I just ran furmark in linux on the R9700 and it was reporting using the R9700’s max 300W in LACT. When I tried running multiple instances of furmark (one running on R9700 dgpu and one on 8060S igpu) the R9700 reached 200W and the 8060S reached 140W. So there may still be some limitations on the dgpu power with an amd dgpu combo which would make sense to keep it under the limits of the 400W PSU included with the full framework desktop kit. I am assuming a higher powered amd dgpu would be limited to maybe ~350-400W if the igpu isn’t being used. I haven’t put any effort into trying to override the power limitation with overclocking or power profile type tuning.

I did migrate my framework desktop from the original framework case into a larger case where I could fit the mainboard, dGPU and 1000W PSU. The power limit is proably somewhere in the APU firmware side of things and not the PSU available power.

Would be nice to have PCIe ASPM options in the UEFI menus along with a way to decouple the APU iGPU and dGPU power limits.

3 Likes

This is very very helpful. Thank you

Would you mind sharing the riser cable you are using and whether it’s externally powered?

Thank you!

I didn’t use a direct riser cable, but a powered adapter board connected to a x4 pcie adapter using slimsas cable.

Basiacally these:



Some amazon links (not the exact ones I have, but they are mostly generic passive boards):

I already had the adapter boards, so I just needed a cable to connect them.

Could maybe also do it with mcio based boards, but I haven’t seen many of the mcio 4i cables and pcie adapter type boards that would fit in the framework desktop x4 slot.

Reporting back with my findings.

I installed a Reaper 9070 XT on the x4 port using a K23SL-TL riser. Using a 15cm for now, but need a 25cm for my fractal terra.

BIOS version 3.05, although I saw no difference in behavior in 3.04

At first, I tried using the riser without external power, and everything “appeared” to be working. LACT shows negotiation at pcie 4.0 x4 speeds, the 9070 XT, got good FPS in games, benchmarks lined up to expectations and I saw the power draw from the 9070XT to 340W no problem. This is on cachyos.

I then tested on windows and also got good results, except at some point there was a driver conflict. I booted back up without the 9070XT, ran DDU, rebooted with the 9070 XT and reinstalled the drivers from AMDs website and everything has been fine since. Got Steel Nomad scores slightly below average but that is expected with the pcie bottleneck.
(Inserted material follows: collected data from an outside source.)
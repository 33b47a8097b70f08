-- ===== src/Agent/Redact/Clean.antt =====
-- src/agent/redact.rs: what does not occur in a redacted text.
use pulumi_rs_kube_operator.Base.{
  ℕ, Bool, false, ◌||◌, List, [], ◌∷◌, ◌++◌, Text, text, contains, starts_with, strip_prefix,
  to_ascii_lowercase, lower, ◌==◌, ◌≡◌, refl, ap, arith, if_elim, Bool-cases, inl, inr, any,
}
use pulumi_rs_kube_operator.Agent.Redact.{
  newline, lines, needs_redaction, line_contains_secret, redact_lines, redact_stderr,
}

or_false : (a b : Bool) → a || b ≡ false → (a ≡ false) × (b ≡ false)
or_false a b e = (ground arith, ground arith)

false_or : {a b : Bool} → a ≡ false → b ≡ false → a || b ≡ false
false_or p q = rw (p, q) refl

-- A mark that begins with a character and has no newline.
abbrev pub has_newline : Text → Bool
has_newline s = any (λ c. c == newline) s

starts-line :
    (p a b : Text)
    → has_newline p ≡ false
    → starts_with p a ≡ false
    → starts_with p (a ++ newline ∷ b) ≡ false
unfolding starts_with strip_prefix
starts-line [] a b n e = absurd (ground arith)
starts-line (x ∷ p) [] b n e = ground arith
starts-line (x ∷ p) (y ∷ a) b n e = let rest = starts-line p a b in ground arith

-- A mark without a newline that is in neither of two parts is not in them with a newline between.
contains-lines :
    (x : ℕ) (p a b : Text)
    → has_newline (x ∷ p) ≡ false
    → contains a (x ∷ p) ≡ false
    → contains b (x ∷ p) ≡ false
    → contains (a ++ newline ∷ b) (x ∷ p) ≡ false
unfolding contains
contains-lines x p [] b n ea eb = ground arith
contains-lines x p (y ∷ a) b n ea eb =
    let (here, later) = or_false _ _ ea in
    false_or (starts-line (x ∷ p) (y ∷ a) b n here) (contains-lines x p a b n later eb)

lower-newline :
    (a b : Text)
    → to_ascii_lowercase (a ++ newline ∷ b) ≡ to_ascii_lowercase a ++ newline ∷ to_ascii_lowercase b
unfolding lower
lower-newline [] b = refl
lower-newline (x ∷ a) b = ap (λ t. lower x ∷ t) (lower-newline a b)

starts-longer : (p q s : Text) → starts_with p s ≡ false → starts_with (p ++ q) s ≡ false
unfolding starts_with strip_prefix
starts-longer [] q s e = absurd (ground arith)
starts-longer (x ∷ p) q [] e = refl
starts-longer (x ∷ p) q (y ∷ s) e = let rest = starts-longer p q s in ground arith

-- What does not contain a mark contains no longer one.
contains-longer : (p q s : Text) → contains s p ≡ false → contains s (p ++ q) ≡ false
unfolding contains
contains-longer p q [] e = starts-longer p q [] e
contains-longer p q (x ∷ s) e =
    let (here, later) = or_false _ _ e in
    false_or (starts-longer p q (x ∷ s) here) (contains-longer p q s later)

-- None of the marks of a secret is in a text, whatever the case of the letters of the first four.
pub record Clean (s : Text) : Type 0 where
  pub password : contains (to_ascii_lowercase s) (text "password=") ≡ false
  pub token : contains (to_ascii_lowercase s) (text "token=") ≡ false
  pub secret : contains (to_ascii_lowercase s) (text "secret=") ≡ false
  pub credential : contains (to_ascii_lowercase s) (text "credential") ≡ false
  pub web_token : contains s (text "eyJ") ≡ false

-- A text after a clean line.
cons-Clean : (l rest : Text) → Clean l → Clean rest → Clean (l ++ newline ∷ rest)
unfolding text
cons-Clean l rest c d = record {
  password = rw (lower-newline l rest) (contains-lines _ _ _ _ refl c.password d.password);
  token = rw (lower-newline l rest) (contains-lines _ _ _ _ refl c.token d.token);
  secret = rw (lower-newline l rest) (contains-lines _ _ _ _ refl c.secret d.secret);
  credential = rw (lower-newline l rest) (contains-lines _ _ _ _ refl c.credential d.credential);
  web_token = contains-lines _ _ _ _ refl c.web_token d.web_token;
}

redacted-Clean : Clean (text "[REDACTED]")
unfolding text contains starts_with strip_prefix lower
redacted-Clean = record {
  password = refl;
  token = refl;
  secret = refl;
  credential = refl;
  web_token = refl;
}

empty-Clean : Clean []
unfolding text contains starts_with strip_prefix
empty-Clean = record {
  password = refl;
  token = refl;
  secret = refl;
  credential = refl;
  web_token = refl;
}

line-Clean : (l : Text) → line_contains_secret l ≡ false → Clean l
unfolding line_contains_secret
line-Clean l e =
    let (e1, web) = or_false _ _ e in
    let (e2, begin_mark) = or_false _ _ e1 in
    let (e3, cred) = or_false _ _ e2 in
    let (e4, sec) = or_false _ _ e3 in
    let (pass, tok) = or_false _ _ e4 in
    record { password = pass; token = tok; secret = sec; credential = cred; web_token = web }

passed-Clean : (s : Text) → needs_redaction s ≡ false → Clean s
unfolding needs_redaction text
passed-Clean s e =
    let (e1, web) = or_false _ _ e in
    let (e2, key_mark) = or_false _ _ e1 in
    let (e3, cred) = or_false _ _ e2 in
    let (e4, sec) = or_false _ _ e3 in
    let (pass, tok) = or_false _ _ e4 in
    let low = to_ascii_lowercase s in
    record {
      password = contains-longer (text "password") (text "=") low pass;
      token = contains-longer (text "token") (text "=") low tok;
      secret = contains-longer (text "secret") (text "=") low sec;
      credential = cred;
      web_token = web;
    }

redact_lines-Clean : (ls : List Text) → Clean (redact_lines ls)
unfolding redact_lines
redact_lines-Clean [] = empty-Clean
redact_lines-Clean (l ∷ ls) =
    let rest = redact_lines-Clean ls in
    if_elim (λ shown. Clean (shown ++ newline ∷ redact_lines ls)) (line_contains_secret l)
      (λ _. cons-Clean (text "[REDACTED]") (redact_lines ls) redacted-Clean rest)
      (λ e. cons-Clean l (redact_lines ls) (line-Clean l e) rest)

-- Whatever the output of Pulumi, none of the marks `password=`, `token=`, `secret=` and `credential`,
-- in capital or small letters, and not `eyJ`, is in what `redact_stderr` makes of it.
pub redact_stderr-Clean : (input : Text) → Clean (redact_stderr input)
unfolding redact_stderr
redact_stderr-Clean [] = empty-Clean
redact_stderr-Clean (c ∷ cs) = elim (Bool-cases (needs_redaction (c ∷ cs))) [
  | inl e ↦ rw e (redact_lines-Clean (lines (c ∷ cs)))
  | inr e ↦ rw e (passed-Clean (c ∷ cs) e)
]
I then attached a molex 12V connector to my riser so I could compare the differences. While everything “appeared” to be fine without external power, attaching the power cable boosted my FPS and power draw of the card, so I think it’s necessary for optimal performance.

Now the issues:

I didn’t have any boot issues or need any kernel flags (pcie power mgmt was already disabled windows), but when my two monitors were plugged into the dGPU, I could not come back from suspend in Linux. The machine would wake and i could SSH, but no video. At suspend, the dGPU fans would ramp up for a minute or two. Reloading the GPU through a script seems to fix it, but my whole session would be restarted so it was not ideal. I then tried plugging in one of my monitors to the igpu and the suspend issue from the dGPU side went way, but then the CPU cooler fan would ramp up and stay ramped up when entering suspend. I tried a bunch of different kernel flags:

amdgpu.bapm=0 amdgpu.aspm=0 pm_async=0 amdgpu.sg_display=0 amdgpu.runpm=0 pcie_port_pm=off

None of them seemed to work, but I still have them applied and have not gone through pruning. At this point I gave up and since I was having USB suspend issues on BIOS 3.05 anyway, I am just going to continue with suspend disabled. Windows has no such issues.
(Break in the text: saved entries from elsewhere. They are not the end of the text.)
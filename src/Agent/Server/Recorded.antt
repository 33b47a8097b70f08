-- ===== src/Agent/Server/Recorded.antt =====
-- src/agent/server.rs with src/operator/controllers/update.rs: what the operator records of a run of
-- the agent.
use pulumi_rs_kube_operator.Base.{
  Option, none, some, and_then, [], Text, text, ◌≡◌, refl, Bool-cases, inl, inr, if◌then◌else◌,
}
use pulumi_rs_kube_operator.Reconcile.CheckUpdate.{truncate_message}
use pulumi_rs_kube_operator.Controllers.StreamUpdate.{
  StreamResult, default_result, drain, store_up, store_result,
}
use pulumi_rs_kube_operator.Agent.Redact.{redact_stderr}
use pulumi_rs_kube_operator.Agent.Process.{PulumiResult}
use pulumi_rs_kube_operator.Agent.Server.{
  failure_message, up_stream, destroy_stream, preview_stream, refresh_stream, result_of,
}

-- A failure, with its message cut short.
abbrev pub failure : Text → Option StreamResult
failure message =
    and_then (truncate_message message) (λ m. some (record default_result { error = some m }))

-- A result without outputs and without an error.
abbrev pub without_error : PulumiResult → StreamResult
without_error r = record {
  permalink = r.permalink;
  stdout = r.stdout;
  stderr = redact_stderr r.stderr;
  outputs = [];
  error = none;
}

-- The operator records a run of `up` or `destroy` as the agent saw it: a failed one as an error with
-- the redacted message, cut short, and any other with its permalink, its output and, for `up`, its
-- outputs; but a run of `preview` or `refresh` is recorded without an error, whether it failed or not.
pub drain-recorded :
    (trim : Text → Text) (r : PulumiResult)
    → (drain store_up (up_stream trim r) default_result ≡ (
        if r.failed
        then failure (failure_message trim (text "pulumi up failed: ") (redact_stderr r.stderr))
        else some (record {
          permalink = r.permalink;
          stdout = r.stdout;
          stderr = redact_stderr r.stderr;
          outputs = r.outputs;
          error = none;
        })))
      × (drain store_result (destroy_stream trim r) default_result ≡ (
          if r.failed
          then failure
              (failure_message trim (text "pulumi destroy failed: ") (redact_stderr r.stderr))
          else some (without_error r)))
      × (drain store_result (preview_stream r) default_result ≡ some (without_error r))
      × (drain store_result (refresh_stream r) default_result ≡ some (without_error r))
unfolding drain store_up store_result up_stream destroy_stream preview_stream refresh_stream
    result_of
drain-recorded trim r = elim (Bool-cases r.failed) [
  | inl e ↦ rw e (refl, refl, refl, refl)
  | inr e ↦ rw e (refl, refl, refl, refl)
]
I had similar experience and landed on the same decision to not use suspend under linux. Most of my usage under linux is just running LLMs and accessing the system over the network and then shutdown or reboot to windows for certain games.

For example I ran into the fan spinning even in idle for my R9700 after some LLM use:

There are other RDNA4 linux fixes coming in 7.0+.

For the most part it has been pretty stable, but I do get occasional issues with RDNA4 dgpu display output not working on boot. It seems to be transient and may not be specific to just being hooked up to the framework desktop.